=== Material provided ===

-- ===== src/Bsi/Compare/Parallel.antt =====
-- `CompareValue` as a whole: whatever the number of goroutines and their order, the columns of the
-- set that pass the comparison.
use mathlib.Core.List.{Perm}
use bitstar.Base.{
  ℕ, ◌^◌, ◌≤◌, ◌<◌, ◌≡◌, refl, ap, Bool, ◌&&◌, ◌||◌, List, [], ◌∷◌, arith, if◌then◌else◌, length,
  elem, none, some, signed_rank, leb, Option,
}
use bitstar.Roaring.{Roaring}
use bitstar.Bsi.Defs.{Bsi}
use bitstar.Bsi.Value.{slices_value}
use bitstar.Bsi.Executor.{parallel_executor_lem, Keeps}
use bitstar.Bsi.Compare.Defs.{
  Operation, compare_column, compare_columns, compare_batch, compare_value,
}
use bitstar.Bsi.Compare.Signed.{compare_column-le, compare_column-ge}

module _ (R : Roaring) where
  open R use {Bitmap}

  compare_columns_lem :
      (test : ℕ → Option Bool) (p : ℕ → Bool)
      → ((c : ℕ) → test c ≡ some (p c))
      → (cs : List ℕ) (results : Bitmap)
      → (r : Bitmap) × (compare_columns R test cs results ≡ some r)
        × ((c : ℕ) → R.contains r c ≡ (R.contains results c || (elem c cs && p c)))
  unfolding compare_columns
  compare_columns_lem test p passes [] results = (results, refl, λ c. ground arith)
  compare_columns_lem test p passes (c ∷ cs) results =
      let added = if p c then R.add results c else results in
      let (r, runs, holds) = compare_columns_lem test p passes cs added in
      (
        r,
        ground (arith, passes c, runs),
        λ d. ground (arith, holds d, R.contains-add results c d, ap p),
      )

  compare_batch-Keeps :
      (b : Bsi Bitmap) (op : Operation) (value end_value : ℕ) (p : ℕ → Bool)
      → ((c : ℕ) → compare_column R b op value end_value c ≡ some (p c))
      → Keeps R (compare_batch R b op value end_value) p
  unfolding compare_batch
  compare_batch-Keeps b op value end_value p passes batch =
      let empty = if b.run_optimized then R.run_optimize R.new else R.new in
      let (r, runs, holds) =
        compare_columns_lem (compare_column R b op value end_value) p passes batch empty in
      (r, runs, λ c. ground (arith, holds c, R.contains-new c, R.contains-run_optimize R.new c))

  -- The set that a comparison looks at.
  abbrev pub searched : Bsi Bitmap → Option Bitmap → Bitmap
  searched b found_set = elim found_set [ none ↦ b.e_bm | some f ↦ f ]

  module _ (num_cpu parallelism : ℕ) (arrive : List Bitmap → List Bitmap) (b : Bsi Bitmap)
      (value end_value : ℕ) (found_set : Option Bitmap) (cpus : 0 < num_cpu)
      (arrives : (rs : List Bitmap) → Perm (arrive rs) rs) (narrow : length b.b_a ≤ 64)
      (small : value < 2 ^ 64) where
    -- `CompareValue` with `LE` returns exactly the columns of the set whose value is at most the
    -- bound, as an `int64`: for every number of goroutines and every order in which they finish,
    -- on an index of at most 64 slices, for a bound of 64 bits.
    pub compare_value-le :
        (result : Bitmap) × (compare_value R num_cpu arrive b parallelism Operation.le value
            end_value found_set
          ≡ some result)
        × ((c : ℕ)
            → R.contains result c ≡ (
                R.contains (searched b found_set) c
                && leb (signed_rank (slices_value R c 0 b.b_a)) (signed_rank value)))
    unfolding compare_value
    compare_value-le =
        parallel_executor_lem R num_cpu parallelism arrive
          (compare_batch R b Operation.le value end_value)
          (λ c. leb (signed_rank (slices_value R c 0 b.b_a)) (signed_rank value))
          (searched b found_set) cpus arrives
          (compare_batch-Keeps b Operation.le value end_value _
            (λ c. compare_column-le R b narrow value end_value c small))

    -- `CompareValue` with `GE` returns exactly the columns of the set whose value is at least the
    -- bound, as an `int64`: for every number of goroutines and every order in which they finish,
    -- on an index of at most 64 slices, for a bound of 64 bits.
    pub compare_value-ge :
        (result : Bitmap) × (compare_value R num_cpu arrive b parallelism Operation.ge value
            end_value found_set
          ≡ some result)
        × ((c : ℕ)
            → R.contains result c ≡ (
                R.contains (searched b found_set) c
                && leb (signed_rank value) (signed_rank (slices_value R c 0 b.b_a))))
    unfolding compare_value
    compare_value-ge =
        parallel_executor_lem R num_cpu parallelism arrive
          (compare_batch R b Operation.ge value end_value)
          (λ c. leb (signed_rank value) (signed_rank (slices_value R c 0 b.b_a)))
          (searched b found_set) cpus arrives
          (compare_batch-Keeps b Operation.ge value end_value _
            (λ c. compare_column-ge R b narrow value end_value c small))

===

**Problem details**
All the entries above need to be repeated word for word.

**Response box**
-- ===== src/Bsi/Compare/Parallel.antt =====
-- `CompareValue` as a whole: whatever the number of goroutines and their order, the columns of the
-- set that pass the comparison.
use mathlib.Core.List.{Perm}
use bitstar.Base.{
  ℕ, ◌^◌, ◌≤◌, ◌<◌, ◌≡◌, refl, ap, Bool, ◌&&◌, ◌||◌, List, [], ◌∷◌, arith, if◌then◌else◌, length,
  elem, none, some, signed_rank, leb, Option,
}
use bitstar.Roaring.{Roaring}
use bitstar.Bsi.Defs.{Bsi}
use bitstar.Bsi.Value.{slices_value}
use bitstar.Bsi.Executor.{parallel_executor_lem, Keeps}
use bitstar.Bsi.Compare.Defs.{
  Operation, compare_column, compare_columns, compare_batch, compare_value,
}
use bitstar.Bsi.Compare.Signed.{compare_column-le, compare_column-ge}

module _ (R : Roaring) where
  open R use {Bitmap}

  compare_columns_lem :
      (test : ℕ → Option Bool) (p : ℕ → Bool)
      → ((c : ℕ) → test c ≡ some (p c))
      → (cs : List ℕ) (results : Bitmap)
      → (r : Bitmap) × (compare_columns R test cs results ≡ some r)
        × ((c : ℕ) → R.contains r c ≡ (R.contains results c || (elem c cs && p c)))
  unfolding compare_columns
  compare_columns_lem test p passes [] results = (results, refl, λ c. ground arith)
  compare_columns_lem test p passes (c ∷ cs) results =
      let added = if p c then R.add results c else results in
      let (r, runs, holds) = compare_columns_lem test p passes cs added in
      (
        r,
        ground (arith, passes c, runs),
        λ d. ground (arith, holds d, R.contains-add results c d, ap p),
      )

  compare_batch-Keeps :
      (b : Bsi Bitmap) (op : Operation) (value end_value : ℕ) (p : ℕ → Bool)
      → ((c : ℕ) → compare_column R b op value end_value c ≡ some (p c))
      → Keeps R (compare_batch R b op value end_value) p
  unfolding compare_batch
  compare_batch-Keeps b op value end_value p passes batch =
      let empty = if b.run_optimized then R.run_optimize R.new else R.new in
      let (r, runs, holds) =
        compare_columns_lem (compare_column R b op value end_value) p passes batch empty in
      (r, runs, λ c. ground (arith, holds c, R.contains-new c, R.contains-run_optimize R.new c))

  -- The set that a comparison looks at.
  abbrev pub searched : Bsi Bitmap → Option Bitmap → Bitmap
  searched b found_set = elim found_set [ none ↦ b.e_bm | some f ↦ f ]

  module _ (num_cpu parallelism : ℕ) (arrive : List Bitmap → List Bitmap) (b : Bsi Bitmap)
      (value end_value : ℕ) (found_set : Option Bitmap) (cpus : 0 < num_cpu)
      (arrives : (rs : List Bitmap) → Perm (arrive rs) rs) (narrow : length b.b_a ≤ 64)
      (small : value < 2 ^ 64) where
    -- `CompareValue` with `LE` returns exactly the columns of the set whose value is at most the
    -- bound, as an `int64`: for every number of goroutines and every order in which they finish,
    -- on an index of at most 64 slices, for a bound of 64 bits.
    pub compare_value-le :
        (result : Bitmap) × (compare_value R num_cpu arrive b parallelism Operation.le value
            end_value found_set
          ≡ some result)
        × ((c : ℕ)
            → R.contains result c ≡ (
                R.contains (searched b found_set) c
                && leb (signed_rank (slices_value R c 0 b.b_a)) (signed_rank value)))
    unfolding compare_value
    compare_value-le =
        parallel_executor_lem R num_cpu parallelism arrive
          (compare_batch R b Operation.le value end_value)
          (λ c. leb (signed_rank (slices_value R c 0 b.b_a)) (signed_rank value))
          (searched b found_set) cpus arrives
          (compare_batch-Keeps b Operation.le value end_value _
            (λ c. compare_column-le R b narrow value end_value c small))

    -- `CompareValue` with `GE` returns exactly the columns of the set whose value is at least the
    -- bound, as an `int64`: for every number of goroutines and every order in which they finish,
    -- on an index of at most 64 slices, for a bound of 64 bits.
    pub compare_value-ge :
        (result : Bitmap) × (compare_value R num_cpu arrive b parallelism Operation.ge value
            end_value found_set
          ≡ some result)
        × ((c : ℕ)
            → R.contains result c ≡ (
                R.contains (searched b found_set) c
                && leb (signed_rank value) (signed_rank (slices_value R c 0 b.b_a))))
    unfolding compare_value
    compare_value-ge =
        parallel_executor_lem R num_cpu parallelism arrive
          (compare_batch R b Operation.ge value end_value)
          (λ c. leb (signed_rank value) (signed_rank (slices_value R c 0 b.b_a)))
          (searched b found_set) cpus arrives
          (compare_batch-Keeps b Operation.ge value end_value _
            (λ c. compare_column-ge R b narrow value end_value c small))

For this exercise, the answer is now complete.